I want to properly incorporate Seeds as they will be useful for a consistent look across shots and that is my very next thing to do. INCORPORATED
- Create a conda environment. I used python 3.10
- Activate
- git clone the above repo to a local folder or if you have a SD local installation, then install there as it should work without having to again install stable diffusion as long as its in the same directory as the model files. NOTE will look at adding a path setting so this is easier.
- pip install PyQt5
- conda install pandas
- conda install pytorch torchvision torchaudio pytorch-cuda=11.8 -c pytorch -c nvidia DEPENDS ON SYSTEM BUT INSTALL PYTORCH
- pip install diffusers
- pip install git+https://github.com/huggingface/transformers ******************NEED TRANSFORMERS FROM SOURCE ******************
- pip install accelerate
Then you need to go and get folders and files from Stability AI. The one I used was at hugging face
However I realise that I could reduce the download substantially by not using the safetensors files:- below is the folders and files I am using. Most of them are from that huggingface repository but the really cut back model is here and the qss sheet is from here
I have added the ability to change styles and put a few stylesheets in the styles folder the extra styles come from here
Change the qss stylesheet file in settings. as I am currently forcing people to use this- Let people choose model in the app. The app currently selects whichever model is in the current folder. ***This is actually not as trivial as it should be ***
Selectable SEEDS so that you can get a consistent look across shots.completeInvestigate incorporating seed, prompt and model used into image metadata. I have added it, now to add a viewer to see it.- Allow changing image size/aspect ratio
- Maybe CFG_Scale but perhaps just change to the most likely to replicate the prompt.

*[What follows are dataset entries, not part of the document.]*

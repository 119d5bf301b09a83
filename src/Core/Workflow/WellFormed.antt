-- ===== src/Core/Workflow/WellFormed.antt =====
-- What the validation pass `Workflow._graph` establishes of a graph, and what follows for the
-- queries.
use panopticon_next.Base.{
  String, ◌≡◌, refl, ap, Bool, true, false, Option, none, some, List, [], ◌∷◌, arith, ok, All,
  contains, is_some, Option-cases, inl, inr, ◌==◌, eq_iff, Bool-cases,
}
use panopticon_next.Base.Table.{Table, lookup, All-lookup}
use mathlib.Core.Path.{subst}
use panopticon_next.Core.Models.{Actor, dropped_label}
use panopticon_next.Core.Workflow.{
  StateKind, StateClass, Graph, Workflow, is_terminal_kind, can_transition, is_terminal,
  turn_on_enter,
}

-- A terminal state has no edges; any other has an edge to DROPPED, and its edges lead to states.
abbrev pub EdgesOk : Graph → StateKind → Option (List String) → Type 0
EdgesOk g kind none = ⊥
EdgesOk g StateKind.terminal (some dests) = dests ≡ []
EdgesOk g kind (some dests) =
    (contains dests dropped_label ≡ true) × All (λ d. is_some (lookup d g.states) ≡ true) dests

-- Every operation leads along an edge, and `drop` leads to DROPPED.
abbrev pub OperationsOk : List String → Option (Table String) → Type 0
OperationsOk dests none = ⊥
OperationsOk dests (some ops) =
    All (λ op. (contains dests op.1 ≡ true) × (op.0 ≡ "drop" → op.1 ≡ dropped_label)) ops

abbrev pub edges_of : Graph → String → List String
edges_of g label = elim (lookup label g.transitions) [ none ↦ [] | some dests ↦ dests ]

pub record IsStateOk (g : Graph) (label : String) (cls : StateClass) : Type 0 where
  pub has_turn : is_some cls.turn_on_enter ≡ true
  pub edges : EdgesOk g cls.kind (lookup label g.transitions)
  pub operations : OperationsOk (edges_of g label) (lookup label g.operations)

abbrev pub IsKind : (StateKind → Bool) → Option StateClass → Type 0
IsKind test none = ⊥
IsKind test (some cls) = test cls.kind ≡ true

abbrev pub is_initial_kind : StateKind → Bool
is_initial_kind StateKind.initial = true
is_initial_kind _ = false

pub record IsWellFormed (g : Graph) : Type 0 where
  pub states_ok :
      (label : String) (cls : StateClass) → lookup label g.states ≡ some cls → IsStateOk g label cls
  pub initial_ok : IsKind is_initial_kind (lookup g.initial g.states)
  pub dropped_ok : IsKind is_terminal_kind (lookup dropped_label g.states)

-- It is enough that every row is well formed.
pub rows-IsStateOk :
    (g : Graph)
    → All (λ row. IsStateOk g row.0 row.1) g.states
    → (label : String) (cls : StateClass) → lookup label g.states ≡ some cls
    → IsStateOk g label cls
rows-IsStateOk g rows label cls e =
    let (j, same, h) = All-lookup (λ row. IsStateOk g row.0 row.1) g.states label rows e in
    subst (λ k. IsStateOk g k cls) same h

All-contains :
    (P : String → Type 0) (xs : List String) (x : String) → All P xs → contains xs x ≡ true → P x
All-contains P [] x h c = cc
All-contains P (y ∷ ys) x h c = elim (Bool-cases (y == x)) [
  | inl same ↦ subst P ((eq_iff y x).0 same) h.0
  | inr other ↦ All-contains P ys x h.1 (rw other at c)
]

edge_target :
    (g : Graph) (kind : StateKind) (dests : List String) (d : String)
    → EdgesOk g kind (some dests)
    → contains dests d ≡ true
    → is_some (lookup d g.states) ≡ true
edge_target g StateKind.terminal dests d h c =
    let e : contains dests d ≡ contains [] d = ap (λ ds. contains ds d) h in cc
edge_target g StateKind.plain dests d h c = All-contains _ dests d h.1 c
edge_target g StateKind.initial dests d h c = All-contains _ dests d h.1 c

edge_to_dropped :
    (g : Graph) (kind : StateKind) (dests : List String)
    → EdgesOk g kind (some dests)
    → is_terminal_kind kind ≡ false
    → contains dests dropped_label ≡ true
edge_to_dropped g StateKind.terminal dests h k = cc
edge_to_dropped g StateKind.plain dests h k = h.0
edge_to_dropped g StateKind.initial dests h k = h.0

some_of_is_some {ℓ} : {A : Type ℓ} (o : Option A) → is_some o ≡ true → (a : A) × (o ≡ some a)
some_of_is_some none h = cc
some_of_is_some (some a) h = (a, refl)

module _ (wf : Workflow) (ok_graph : IsWellFormed wf.graph) where
  state_ok :
      (label : String) {cls : StateClass}
      → lookup label wf.graph.states ≡ some cls
      → IsStateOk wf.graph label cls
  state_ok label {cls} e = ok_graph.states_ok label cls e

  pub turn_on_enter_total :
      (label : String) {cls : StateClass}
      → lookup label wf.graph.states ≡ some cls
      → (a : Actor) × (turn_on_enter wf label ≡ ok a)
  unfolding turn_on_enter
  turn_on_enter_total label {cls} e = elim (Option-cases cls.turn_on_enter) [
    | inl lacks ↦ let h = (state_ok label e).has_turn in cc
    | inr (a, has) ↦ (a, rw e (rw has))
  ]

  -- What an edge leads to is a state.
  pub edge-is_state :
      (source dest : String)
      → can_transition wf source dest ≡ ok true
      → (cls : StateClass) × (lookup dest wf.graph.states ≡ some cls)
  unfolding can_transition
  edge-is_state source dest h = elim (Option-cases (lookup source wf.graph.states)) [
    | inl e ↦ absurd (ground arith)
    | inr (cls, e) ↦ elim (Option-cases (lookup source wf.graph.transitions)) [
      | inl f ↦ absurd (ground arith)
      | inr (dests, f) ↦ some_of_is_some (lookup dest wf.graph.states) (
          edge_target wf.graph cls.kind dests dest (rw f at (state_ok source e).edges)
            (ground arith))
    ]
  ]

  -- A state that is not terminal has an edge to DROPPED.
  pub drop_is_edge :
      (label : String)
      → is_terminal wf label ≡ ok false
      → can_transition wf label dropped_label ≡ ok true
  unfolding can_transition is_terminal
  drop_is_edge label h = elim (Option-cases (lookup label wf.graph.states)) [
    | inl e ↦ absurd (ground arith)
    | inr (cls, e) ↦ elim (Option-cases (lookup label wf.graph.transitions)) [
      | inl f ↦ absurd (rw f at (state_ok label e).edges)
      | inr (dests, f) ↦
          let c : contains dests dropped_label ≡ true =
            edge_to_dropped wf.graph cls.kind dests (rw f at (state_ok label e).edges)
              (ground arith) in
          ground arith
    ]
  ]
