-- ===== src/Core/Workflow/Moves.antt =====
-- What the moves of a task do: which are allowed, what they record, and that a drop never fails.
use panopticon_next.Base.{
  String, ◌≡◌, refl, ◌⊎◌, inl, inr, true, false, Option, some, [], ◌∷◌, ◌++◌, arith, ok, ◌>>=◌,
  eq_iff, >>=-eq-ok, result_or, get_last?-append, ◌∙◌, ap, eq_refl,
}
use panopticon_next.Core.Models.{HistoryEntry, Task, dropped_label}
use panopticon_next.Core.Models.Promises.{outstanding_responsibilities}
use panopticon_next.Base.Table.{lookup}
use panopticon_next.Core.Workflow.{
  Workflow, StateClass, is_terminal_kind, is_terminal, can_transition, turn_on_enter,
  responsibilities, state_class,
}
use panopticon_next.Core.Workflow.Lifecycle.{
  first_wake, enter, gate, apply_transition, force_transition,
}
use panopticon_next.Core.Workflow.WellFormed.{
  IsWellFormed, turn_on_enter_total, edge-is_state, drop_is_edge,
}
use panopticon_next.Core.Store.{validate_task_consistency, validate_history_append_only}
use panopticon_next.Core.Store.History.{Extends, Extends-append, validate_history_append_only_iff}

-- The entry that records a move to `to_state`.
pub record Records (wf : Workflow) (t : Task) (to_state : String) (e : HistoryEntry) : Type 0 where
  pub from : e.from_state ≡ some t.state
  pub to : e.to_state ≡ to_state
  pub promised : responsibilities wf to_state ≡ ok e.responsibilities

-- `t'` is `t` moved to `to_state`: its state, turn and one new history entry, and no other field.
pub record IsMoved (wf : Workflow) (t : Task) (to_state : String) (t' : Task) : Type 0 where
  pub entry : HistoryEntry
  pub records : Records wf t to_state entry
  pub turn : turn_on_enter wf to_state ≡ ok t'.turn
  pub moved : t' ≡ record t { state = to_state; turn = t'.turn; history = t.history ++ entry ∷ [] }

module _ (wf : Workflow) (t : Task) (to_state at : String) (trigger note : Option String) where
  enter-IsMoved :
      {t' : Task} → enter wf t to_state at trigger note ≡ ok t' → IsMoved wf t to_state t'
  unfolding enter
  enter-IsMoved {t'} h = record {
    entry = record {
      at = at;
      from_state = some t.state;
      to_state = to_state;
      trigger = trigger;
      note = note;
      responsibilities = result_or (responsibilities wf to_state) [];
      wake_status = first_wake wf (result_or (is_terminal wf to_state) false) t'.turn;
    };
    records = record { from = refl; to = refl; promised = ground arith };
    turn = ground arith;
    moved = ground arith;
  }

-- A move that the graph and the gate allow.
pub record IsAllowed (wf : Workflow) (t : Task) (to_state : String) : Type 0 where
  pub live : is_terminal wf t.state ≡ ok false
  pub edge : can_transition wf t.state to_state ≡ ok true
  pub settled : (to_state ≡ dropped_label) ⊎ (outstanding_responsibilities t ≡ ok [])

gate_settled :
    (wf : Workflow) (t : Task) (to_state : String)
    → gate wf t to_state ≡ ok tt
    → (to_state ≡ dropped_label) ⊎ (outstanding_responsibilities t ≡ ok [])
unfolding gate
gate_settled wf t to_state h = ground (arith, eq_iff to_state dropped_label)

settled_gate :
    (wf : Workflow) (t : Task) (to_state : String)
    → (to_state ≡ dropped_label) ⊎ (outstanding_responsibilities t ≡ ok [])
    → gate wf t to_state ≡ ok tt
unfolding gate
settled_gate wf t to_state h = ground (arith, eq_iff to_state dropped_label)

module _ (wf : Workflow) (t : Task) (to_state at : String) (trigger note : Option String) where
  -- The guards of `apply_transition`, apart from what it records.
  apply_transition-eq_enter :
      IsAllowed wf t to_state
      → apply_transition wf t to_state at trigger note ≡ enter wf t to_state at trigger note
  unfolding apply_transition
  apply_transition-eq_enter h = ground (arith, settled_gate wf t to_state h.settled)

  apply_transition_guards :
      {t' : Task}
      → apply_transition wf t to_state at trigger note ≡ ok t'
      → IsAllowed wf t to_state × (enter wf t to_state at trigger note ≡ ok t')
  unfolding apply_transition
  apply_transition_guards h = (
    record {
      live = ground arith;
      edge = ground arith;
      settled = gate_settled wf t to_state (ground arith);
    },
    ground arith,
  )

  -- A gated transition that returns was allowed: the task was not terminal, the graph has the
  -- edge, and either the task is dropped or no promise of the current entry was pending. It
  -- changes the task's state, turn and history only, by one entry at the end.
  pub apply_transition_sound :
      {t' : Task}
      → apply_transition wf t to_state at trigger note ≡ ok t'
      → IsAllowed wf t to_state × IsMoved wf t to_state t'
  apply_transition_sound h =
      let (allowed, entered) = apply_transition_guards h in
      (allowed, enter-IsMoved wf t to_state at trigger note entered)

  module _ (wf_ok : IsWellFormed wf.graph) where
    enter_total :
        {cls : StateClass}
        → lookup to_state wf.graph.states ≡ some cls
        → (t' : Task) × (enter wf t to_state at trigger note ≡ ok t')
    unfolding enter responsibilities is_terminal
    enter_total {cls} e =
        let (turn, has) = turn_on_enter_total wf wf_ok to_state e in
        (
          record t {
            state = to_state;
            turn = turn;
            history =
                t.history
                ++ record {
                  at = at;
                  from_state = some t.state;
                  to_state = to_state;
                  trigger = trigger;
                  note = note;
                  responsibilities = cls.responsibilities;
                  wake_status = first_wake wf (is_terminal_kind cls.kind) turn;
                }
                  ∷ [];
          },
          rw (e, has, ◌>>=◌) refl,
        )

    -- In a validated graph every allowed transition returns.
    pub apply_transition_total :
        IsAllowed wf t to_state
        → (t' : Task) × (apply_transition wf t to_state at trigger note ≡ ok t')
    apply_transition_total h =
        let (cls, e) = edge-is_state wf wf_ok t.state to_state h.edge in
        let (t', entered) = enter_total e in (t', apply_transition-eq_enter h ∙ entered)

    -- In a validated graph the user's free move returns for every label of the graph, from any
    -- state and whatever is promised; it records the same entry as a gated move.
    pub force_transition_total :
        {cls : StateClass}
        → lookup to_state wf.graph.states ≡ some cls
        → (t' : Task) × (force_transition wf t to_state at trigger note ≡ ok t')
          × IsMoved wf t to_state t'
    unfolding force_transition state_class
    force_transition_total e =
        let (t', entered) = enter_total e in
        (t', rw e entered, enter-IsMoved wf t to_state at trigger note entered)

-- In a validated graph a task in a state that is not terminal can be dropped, whatever promises
-- are pending.
pub drop_total :
    (wf : Workflow) (t : Task) (at : String) (trigger note : Option String)
    → IsWellFormed wf.graph
    → is_terminal wf t.state ≡ ok false
    → (t' : Task) × (apply_transition wf t dropped_label at trigger note ≡ ok t')
      × (t'.state ≡ dropped_label)
drop_total wf t at trigger note wf_ok live =
    let allowed : IsAllowed wf t dropped_label = record {
      live = live;
      edge = drop_is_edge wf wf_ok t.state live;
      settled = inl refl;
    } in
    let (t', done) = apply_transition_total wf t dropped_label at trigger note wf_ok allowed in
    let moved = (apply_transition_sound wf t dropped_label at trigger note done).1.moved in
    (t', done, ap (λ (u : Task). u.state) moved)

-- A moved task passes the store's checks: it is consistent, and its history extends the old one.
pub IsMoved-validates :
    (wf : Workflow) (t t' : Task) (to_state : String)
    → IsMoved wf t to_state t'
    → (validate_task_consistency t' ≡ ok tt) × Extends t.history t'.history
unfolding validate_task_consistency
IsMoved-validates wf t t' to_state h =
    let history : t'.history ≡ t.history ++ h.entry ∷ [] = ap (λ (u : Task). u.history) h.moved in
    let state : t'.state ≡ to_state = ap (λ (u : Task). u.state) h.moved in
    (
      rw (history, get_last?-append) (rw (state, h.records.to) (rw eq_refl)),
      rw history (Extends-append t.history (h.entry ∷ [])),
    )

-- A gated or a free move that returns passes the store's checks.
pub moves-validate :
    (wf : Workflow) (t t' : Task) (to_state at : String) (trigger note : Option String)
    → (apply_transition wf t to_state at trigger note ≡ ok t')
      ⊎ (force_transition wf t to_state at trigger note ≡ ok t')
    → (validate_task_consistency t' ≡ ok tt)
      × (validate_history_append_only t.history t'.history ≡ ok tt)
unfolding force_transition
moves-validate wf t t' to_state at trigger note h =
    let moved : IsMoved wf t to_state t' = elim h [
      | inl gated ↦ (apply_transition_sound wf t to_state at trigger note gated).1
      | inr free ↦
          let (cls, _, entered) = >>=-eq-ok (state_class wf to_state) _ free in
          enter-IsMoved wf t to_state at trigger note entered
    ] in
    let (consistent, extends) = IsMoved-validates wf t t' to_state moved in
    (consistent, (validate_history_append_only_iff t.history t'.history).1 extends)
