-- ===== src/Core/Workflow/Phases.antt =====
-- The order of the phases of a workflow: `Workflow.ordered_phases` of core/workflow.py.
pub mod Walk
use panopticon_next.Base.{
  ℕ, zero, suc, ◌≤◌, ◌<◌, String, ◌≡◌, refl, ap, sym, ◌∙◌, arith, Bool, true, false, not, ◌||◌,
  none, some, Option, List, [], ◌∷◌, ◌++◌, Result, ok, err, ◌>>=◌, >>=-eq-ok, is_some, contains,
  ◌==◌, eq_iff, if◌then◌else◌, length, get_elem?, get_last?, get_last?-append, get_elem?-append,
  All, All-append, Option-cases, Bool-cases, inl, inr, recursion_error,
}
use mathlib.Core.Option.{some-injective}
use mathlib.Core.Path.{subst}
use panopticon_next.Base.Table.{Table, lookup, All-lookup}
use panopticon_next.Base.Visited.{off, off-snoc_lt, off-nil, contains-snoc}
use panopticon_next.Core.Workflow.{
  StateClass, Graph, Workflow, is_terminal_kind, can_transition, is_terminal, operations,
  state_class,
}
use panopticon_next.Core.Workflow.WellFormed.{IsWellFormed, edge-is_state}

module _ (wf : Workflow) where
  open wf use {graph}

  abbrev advance_from : Bool → String → Result (Option String)
  advance_from true label = ok none
  advance_from false label = do ops ← operations wf label; ok (lookup "advance" ops)

  -- The label that the loop goes on with: none at a terminal state, or without an `advance`.
  unfoldable pub next_phase : String → Result (Option String)
  next_phase label = do ended ← is_terminal wf label; advance_from ended label

  abbrev follow :
      (String → Result (List String)) → List String → Option String → Result (List String)
  follow later order none = ok order
  follow later order (some label) = later label

  -- The loop: `order` holds the phases so far.
  unfoldable pub phases : ℕ → List String → String → Result (List String)
  unfolding next_phase
  phases zero order label = if contains order label then ok order else err recursion_error
  phases (suc fuel) order label = if contains order label then ok order else do
    next ← next_phase label
    follow (phases fuel (order ++ label ∷ [])) (order ++ label ∷ []) next

  -- Every round adds another state.
  unfoldable pub ordered_phases : Result (List String)
  unfolding phases
  ordered_phases = phases (length graph.states) [] graph.initial
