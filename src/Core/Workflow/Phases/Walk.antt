-- ===== src/Core/Workflow/Phases/Walk.antt =====
-- What `Workflow.ordered_phases` (core/workflow.py) guarantees on a validated graph.
use panopticon_next.Base.{
  String, ◌≡◌, true, false, none, some, Option, List, [], ◌∷◌, ok, is_some, contains, get_elem?,
  get_last?, All, ◌⊎◌,
}
use panopticon_next.Base.Table.{Table, lookup}
use panopticon_next.Core.Workflow.{Workflow}
use panopticon_next.Core.Workflow.Phases.{next_phase}
use panopticon_next.Core.Workflow.WellFormed.{IsWellFormed}

-- A label leads to another by `advance`.
abbrev pub Advances : Workflow → String → String → Type 0
Advances wf a b = next_phase wf a ≡ ok (some b)

module _ (wf : Workflow) where
  -- Each label leads to the one after it.
  abbrev pub IsChain : List String → Type 0
  IsChain [] = Unit
  IsChain (a ∷ []) = Unit
  IsChain (a ∷ b ∷ order) = Advances wf a b × IsChain (b ∷ order)

  abbrev pub AreDifferent : List String → Type 0
  AreDifferent [] = Unit
  AreDifferent (a ∷ order) = (contains order a ≡ false) × AreDifferent order

  -- Nothing follows the last phase but a phase that is there already.
  abbrev pub IsMaximal : List String → Type 0
  IsMaximal order =
      (last : String)
      → get_last? order ≡ some last
      → (next_phase wf last ≡ ok none)
        ⊎ ((again : String) × Advances wf last again × (contains order again ≡ true))

  module _ (ok_graph : IsWellFormed wf.graph) where
    -- The phases so far: all of them states, each leading to the one after it, none twice.
    pub record IsWalk (first : String) (order : List String) : Type 0 where
      pub chain : IsChain order
      pub different : AreDifferent order
      pub states : All (λ l. is_some (lookup l wf.graph.states) ≡ true) order
      pub starts : get_elem? order 0 ≡ some first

- Make it look a lot better. I have incorporated styles but it still needs work and consistency.
- Incorporate Gligen or Composable diffusion/latent couple. I might offer these as options at 512 x 512 right now.
- Hook it up properly with Aubrushli itself and indeed with the StoryBoard Module.
- Clean up code, I wasn't planning on a full app it just is increasingly going that way and right now spaghetti code and technical debt is increasing. I have created a sql boiler plate file which I will be updating and similarily I will look at the PYQT5 widgets etc that I repeat a lot.
Anyway thats the initial readme, lots to add, watch this space.